Decentralized Physical Infrastructure Networks (DePIN) greatly benefit from Zama’s advances. By enabling secure and confidential data processing, Zama FHE ensures that sensitive information circulating in these networks remains protected against any form of unauthorized access, as we explain in detail in this file.
Cryptocurrency Airdrops and Stakes: Towards New Economic Models
Airdrops have become more sophisticated in 2024 and target active and loyal users. Staking models, in turn, made it possible to strengthen the security of the network while maintaining effective decentralization. Among them we can think of:
Movement Network (MOVE)
In December 2024, Movement Network, an Ethereum layer 2 powered by the Move Virtual Machine (MoveVM), distributed 1 billion MOVE tokens to its community, or 10% of its total supply. Eligibility criteria included participation in the Porto or Suzuka test networks, completion of specific tasks and active involvement within the community.
Hyperliquid (HYPER)
In November 2024, Hyperliquid, a decentralized exchange platform, completed an airdrop by distributing 31% of its total supply of HYPER tokens. This initiative aimed to reward early adopters and encourage adoption of the platform.
StarkNet (STRK)
In February 2024, StarkNet, the zk-Rollup scalability solution for Ethereum, launched an airdrop of its STRK token. The goal was to further decentralize the network and encourage community participation by rewarding users who interacted with the protocol during its testing phases.
Usual
Usual, a platform dedicated to the circular economy, launched in September 2024, distributing USUAL tokens to users who participate in its testnet and complete specific actions in its protocol. The goal of this airdrop was to encourage the adoption of the platform while rewarding active members of its community.
Athena (ETHN)
Athena, a decentralized stablecoin protocol, launched its first airdrop in October 2024. Users who interacted with early versions of its smart contracts and provided liquidity to its pools were rewarded with ETHN tokens. This initiative aimed to increase community involvement while promoting greater decentralization of protocol management.
Numerous landings also marked the end of a bear market and its progress, such as HMSTR on Telegram, which managed to attract special attention by focusing on an active and engaged user base.
2024: emergence of cryptocurrency reselling
THE reassessment is a new thing that gained popularity in 2024. It is a method for validators reuse your staked tokens secure multiple protocols simultaneously, thereby increasing the efficiency and resilience of blockchain ecosystems.
What is restaking?
Traditional staking involves locking tokens to the protocol to help keep it safe while earning rewards.
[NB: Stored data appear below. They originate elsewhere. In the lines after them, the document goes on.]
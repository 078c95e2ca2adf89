-- ===== src/IoLoop/OwnDeletion.antt =====
-- ioloop/ioloop.c: a callback that deletes its own event and then does not return a positive number.
use divers.Base.{
  ℕ, ◌≡◌, ◌≢◌, ◌≤◌, refl, sym, ap, ◌∙◌, arith, inl, inr, Bool, true, false, none, some, List, [],
  ◌∷◌, has, Bool-cases, ==-refl, ne→==, ==_iff, Distinct, ◌==◌, if◌then◌else◌,
}
use mathlib.Core.Option.{some-injective}
use divers.Resources.{block, ◌>>=◌}
use divers.Resources.Counts.{one_of, count}
use divers.IoLoop.{Event, Manager, tfind, tdelete, unwatch, del_event, del_internal_event}
use divers.IoLoop.Rounds.{
  del, perform, perform_all, Callback, find_data, data_at, with_rev, set_rev, received, call,
  handle,
}
use divers.IoLoop.Table.{
  fds, count_data, count_both, IsTable, tfind-has, fds-tdelete, count_both-tdelete,
}
use divers.IoLoop.Safety.{del_event-Deleted, Deleted}
use divers.IoLoop.Delivery.{received-IsTable, find_data_fd}

-- Which entries are lost behind a deletion.
pub del_internal_event-lost :
    (fd : ℕ) (e : Event) (m m' : Manager)
    → (del_internal_event fd e m >>= λ r. some (r.1)) ≡ some m'
    → m'.lost ≡ (if e.desc.has_clean then m.lost else e ∷ m.lost)
unfolding del_internal_event
del_internal_event-lost fd e m m' h = grind (arith, h)

find_data_missing : (p : ℕ) (es : List Event) → count_data p es ≡ 0 → find_data p es ≡ none
find_data_missing p [] c = refl
find_data_missing p (e ∷ es) c = ground (arith, c, find_data_missing p es)

find_both_missing : (p : ℕ) (es : List Event) → count_both p es ≡ 0 → find_data p es ≡ none
find_both_missing p [] c = refl
find_both_missing p (e ∷ es) c = ground (arith, c, find_both_missing p es)

tfind-set_rev :
    (p events : ℕ) (es : List Event) (e : Event)
    → Distinct (fds es)
    → find_data p es ≡ some e
    → tfind e.desc.fd (set_rev p events es) ≡ some (record e { desc = with_rev events e.desc })
unfolding set_rev with_rev
tfind-set_rev p events [] e d h = cc
tfind-set_rev p events (x ∷ es) e (n, d) h = elim (Bool-cases (x.data_ptr == p)) [
  | inl t ↦
      let same : x ≡ e = some-injective x e (rw t at h) in
      rw (sym same, t) (rw (==-refl x.desc.fd) refl)
  | inr f ↦
      let there : find_data p es ≡ some e = rw f at h in
      rw (f, ne→== x.desc.fd e.desc.fd (λ q. grind (arith, find_data_fd p es e there)))
        (tfind-set_rev p events es e d there)
]

not-unwatch : (fd : ℕ) (xs : List ℕ) → Distinct xs → has fd (unwatch fd xs) ≡ false
not-unwatch fd [] d = refl
not-unwatch fd (x ∷ xs) (n, d) = elim (Bool-cases (fd == x)) [
  | inl t ↦ let same : fd ≡ x = (==_iff fd x).0 t in rw t (rw same n)
  | inr f ↦ rw (f, f) (not-unwatch fd xs d)
]

tfind-tdelete : (fd : ℕ) (es : List Event) → Distinct (fds es) → tfind fd (tdelete fd es) ≡ none
tfind-tdelete fd es d = elim (tfind-has fd (tdelete fd es)) [
  | inl n ↦ n
  | inr h ↦ absurd (grind (arith, h, fds-tdelete fd es, not-unwatch fd (fds es) d))
]

find_data_ptr : (p : ℕ) (es : List Event) (e : Event) → find_data p es ≡ some e → e.data_ptr ≡ p
find_data_ptr p [] e h = cc
find_data_ptr p (x ∷ es) e h = elim (Bool-cases (x.data_ptr == p)) [
  | inl t ↦ ground arith
  | inr f ↦ find_data_ptr p es e (rw f at h)
]

pub data_at-root :
    (p : ℕ) (m : Manager) (e : Event) → find_data p m.root ≡ some e → data_at p m ≡ some e
unfolding data_at
data_at-root p m e at = rw (at, data_at) refl

-- An event of the tree is handed to its callback.
pub handle-call :
    (iol_func : Callback) (p events : ℕ) (m : Manager) (e : Event)
    → p ≢ 0
    → find_data p m.root ≡ some e
    → e.desc.has_func ≡ true
    → handle iol_func p events m ≡ call iol_func p (with_rev events e.desc) (received p events m)
unfolding handle
handle-call iol_func p events m e ne at func = simp (ne→== p 0 ne, data_at-root p m e at, func) refl

module _ (iol_func : Callback) (p events : ℕ) (m : Manager) (e : Event) (t : IsTable m)
    (fresh : count p m.blocks ≤ 1) (ne : p ≢ 0) (at : find_data p m.root ≡ some e)
    (func : e.desc.has_func ≡ true)
    (own : iol_func (with_rev events e.desc) (received p events m)
      ≡ (del e.desc.fd ∷ [], false)) where
  abbrev fd : ℕ
  fd = e.desc.fd

  abbrev m1 : Manager
  m1 = received p events m

  abbrev e1 : Event
  e1 = record e { desc = with_rev events e.desc }

  found : tfind fd m1.root ≡ some e1
  unfolding received
  found = tfind-set_rev p events m.root e t.distinct at

  del_event-found : del_event fd m1 ≡ del_internal_event fd e1 m1
  unfolding del_event
  del_event-found = rw (found, del_event) refl

  deleted : Deleted fd m1 (del_event fd m1 >>= λ r. some (r.1))
  deleted = del_event-Deleted fd m1 (received-IsTable p events m t)

  one_of_own : one_of p (block e.data_ptr) ≡ 1
  one_of_own = rw (find_data_ptr p m.root e at, ==-refl p) refl

  -- The block belongs to this entry only.
  no_others : (count_both p (tdelete fd m1.root) ≡ 0) × (count_data p m1.lost ≡ 0)
  unfolding received
  no_others =
      let all = (received-IsTable p events m t).blocks p in
      let split = count_both-tdelete p fd m1.root e1 found in
      omega (arith, all, split, one_of_own, fresh)

  module _ (m2 : Manager) (e2 : (del_event fd m1 >>= λ r. some (r.1)) ≡ some m2)
      (root : m2.root ≡ tdelete fd m1.root) where
    lost_lem : m2.lost ≡ (if e.desc.has_clean then m1.lost else e1 ∷ m1.lost)
    unfolding with_rev
    lost_lem = del_internal_event-lost fd e1 m1 m2 (rw del_event-found at e2)

    called :
        call iol_func p (with_rev events e.desc) m1
        ≡ (data_at p m2 >>= λ curr. del_event curr.desc.fd m2 >>= λ r. some (r.1))
    unfolding call perform_all perform
    called = simp (own, e2) refl

    gone : e.desc.has_clean ≡ true → data_at p m2 ≡ none
    unfolding data_at
    gone clean =
        rw
          (
            root,
            find_both_missing p (tdelete fd m1.root) no_others.0,
            lost_lem,
            clean,
            find_data_missing p m1.lost no_others.1,
            data_at,
          )
          refl

    still : e.desc.has_clean ≡ false → data_at p m2 ≡ some e1
    unfolding data_at
    still keep =
        rw (root, find_both_missing p (tdelete fd m1.root) no_others.0, lost_lem, keep, data_at)
          (rw (find_data_ptr p m.root e at, ==-refl p) refl)

    unknown : del_event fd m2 ≡ some (1, m2)
    unfolding del_event
    unknown =
        let distinct = (received-IsTable p events m t).distinct in
        let none_left = ap (tfind fd) root ∙ tfind-tdelete fd m1.root distinct in
        rw (none_left, del_event) refl

    same_fd : (with_rev events e.desc).fd ≡ fd
    unfolding with_rev
    same_fd = refl

    fault_lem : e.desc.has_clean ≡ true → handle iol_func p events m ≡ none
    fault_lem clean = handle-call iol_func p events m e ne at func ∙ called ∙ simp (gone clean) refl

    kept_lem : e.desc.has_clean ≡ false → handle iol_func p events m ≡ some m2
    kept_lem keep =
        handle-call iol_func p events m e ne at func
        ∙ called
        ∙ simp (still keep, same_fd, unknown) refl

    no_entry : find_data p m2.root ≡ none
    no_entry = rw (root) (find_both_missing p (tdelete fd m1.root) no_others.0)

    held_once : IsTable m2 → e.desc.has_clean ≡ false → count p m2.blocks ≡ 1
    held_once t2 keep =
        let lost =
          ap (count_data p)
            (lost_lem ∙ ap (λ (b : Bool). if b then m1.lost else e1 ∷ m1.lost) keep) in
        let tree = ap (count_both p) root in
        omega (arith, t2.blocks p, lost, tree, no_others, one_of_own)

-- A callback deletes its own event and does not return a positive number: then `iol_main_loop` looks into the block
-- of the description that was just freed, if the event has a cleaning function; if it has none, the deletion
-- succeeds, and the block stays allocated with no entry in the tree.
pub own_deletion :
    (iol_func : Callback) (p events : ℕ) (m : Manager) (e : Event)
    → IsTable m
    → count p m.blocks ≤ 1
    → p ≢ 0
    → find_data p m.root ≡ some e
    → e.desc.has_func ≡ true
    → iol_func (with_rev events e.desc) (received p events m) ≡ (del e.desc.fd ∷ [], false)
    → (e.desc.has_clean ≡ true → handle iol_func p events m ≡ none)
      × (e.desc.has_clean ≡ false
          → (m2 : Manager) × (handle iol_func p events m ≡ some m2)
            × IsTable m2
            × (m2.root ≡ tdelete e.desc.fd (received p events m).root)
            × (find_data p m2.root ≡ none)
            × (count p m2.blocks ≡ 1))
own_deletion iol_func p events m e t fresh ne at func own =
    let (m2, e2, t2, root) = deleted iol_func p events m e t fresh ne at func own in
    (
      fault_lem iol_func p events m e t fresh ne at func own m2 e2 root,
      λ keep. (
        m2,
        kept_lem iol_func p events m e t fresh ne at func own m2 e2 root keep,
        t2,
        root,
        no_entry iol_func p events m e t fresh ne at func own m2 e2 root,
        held_once iol_func p events m e t fresh ne at func own m2 e2 root t2 keep,
      ),
    )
Restaking extends this concept by allowing these staked tokens to be used for other security services on different protocols while maintaining their original functionality.
For example, a validator on Ethereum can resubmit its tokens to participate in the security of other compatible protocols, such as those on EigenLayer.
Effect of EigenLayer
In 2024 project Custom layer proved to be a pioneer of restaking. It allows Ethereum validators to extend security to other networks using the same staked tokens, without the need for additional resources. This approach offers several advantages:
- Increased efficiency : One set of tokens can secure multiple networks.
- Reduced costs : Validators maximize their profitability.
- Connecting ecosystems : Networks work together to create shared security.
2025: a promising year for cryptocurrencies
2025 promises to be a period of consolidation and innovation for cryptocurrencies. Driven by exceptional performance in 2024 and significant technological advances, the sector continues to attract the attention of investors and governments.
Whether it’s institutional adoption, technical innovation, or new economic models, it’s clear that the cryptoecosystem is poised to beat the twelve strikes of midnight, fueled by favorable context and predictions from big financial enthusiasts for Bitcoin and cryptocurrencies.